[Saved data entries]
=====

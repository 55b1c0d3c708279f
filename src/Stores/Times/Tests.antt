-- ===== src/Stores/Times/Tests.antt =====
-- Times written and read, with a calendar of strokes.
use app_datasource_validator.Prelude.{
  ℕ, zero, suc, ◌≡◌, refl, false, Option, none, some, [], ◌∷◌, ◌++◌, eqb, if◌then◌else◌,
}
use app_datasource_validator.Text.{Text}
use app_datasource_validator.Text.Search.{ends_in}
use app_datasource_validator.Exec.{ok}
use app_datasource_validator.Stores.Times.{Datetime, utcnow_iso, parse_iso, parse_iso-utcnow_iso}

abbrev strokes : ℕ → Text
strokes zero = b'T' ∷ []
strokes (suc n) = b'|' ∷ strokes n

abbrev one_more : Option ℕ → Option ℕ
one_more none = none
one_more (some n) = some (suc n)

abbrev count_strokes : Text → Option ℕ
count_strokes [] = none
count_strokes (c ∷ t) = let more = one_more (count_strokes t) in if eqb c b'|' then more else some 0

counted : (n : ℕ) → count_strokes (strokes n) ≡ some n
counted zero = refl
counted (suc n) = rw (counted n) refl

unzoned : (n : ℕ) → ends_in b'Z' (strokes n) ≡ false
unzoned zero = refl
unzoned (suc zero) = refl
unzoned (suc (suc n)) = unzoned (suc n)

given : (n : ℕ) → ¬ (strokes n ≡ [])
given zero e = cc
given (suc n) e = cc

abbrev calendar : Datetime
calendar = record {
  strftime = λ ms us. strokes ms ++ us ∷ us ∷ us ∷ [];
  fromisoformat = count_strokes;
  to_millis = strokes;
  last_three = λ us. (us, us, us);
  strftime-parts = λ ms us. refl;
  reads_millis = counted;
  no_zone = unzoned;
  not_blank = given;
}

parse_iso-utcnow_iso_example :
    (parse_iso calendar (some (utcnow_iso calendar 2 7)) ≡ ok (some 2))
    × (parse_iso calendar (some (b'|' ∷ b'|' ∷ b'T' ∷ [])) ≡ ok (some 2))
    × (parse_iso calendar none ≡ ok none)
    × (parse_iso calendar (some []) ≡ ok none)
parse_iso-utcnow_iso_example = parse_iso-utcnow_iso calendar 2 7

=====

Of all the entries above, retype exactly the lines from the line with "filename src/Stores/Times/Tests.antt" to the line with "calendar = record", both included, and no others.

filename src/Stores/Times/Tests.antt
-- ===== src/Stores/Times/Tests.antt =====
-- Times written and read, with a calendar of strokes.
use app_datasource_validator.Prelude.{
  ℕ, zero, suc, ◌≡◌, refl, false, Option, none, some, [], ◌∷◌, ◌++◌, eqb, if◌then◌else◌,
}
use app_datasource_validator.Text.{Text}
use app_datasource_validator.Text.Search.{ends_in}
use app_datasource_validator.Exec.{ok}
use app_datasource_validator.Stores.Times.{Datetime, utcnow_iso, parse_iso, parse_iso-utcnow_iso}

abbrev strokes : ℕ → Text
strokes zero = b'T' ∷ []
strokes (suc n) = b'|' ∷ strokes n

abbrev one_more : Option ℕ → Option ℕ
one_more none = none
one_more (some n) = some (suc n)

abbrev count_strokes : Text → Option ℕ
count_strokes [] = none
count_strokes (c ∷ t) = let more = one_more (count_strokes t) in if eqb c b'|' then more else some 0

counted : (n : ℕ) → count_strokes (strokes n) ≡ some n
counted zero = refl
counted (suc n) = rw (counted n) refl

unzoned : (n : ℕ) → ends_in b'Z' (strokes n) ≡ false
unzoned zero = refl
unzoned (suc zero) = refl
unzoned (suc (suc n)) = unzoned (suc n)

given : (n : ℕ) → ¬ (strokes n ≡ [])
given zero e = cc
given (suc n) e = cc

abbrev calendar : Datetime
calendar = record {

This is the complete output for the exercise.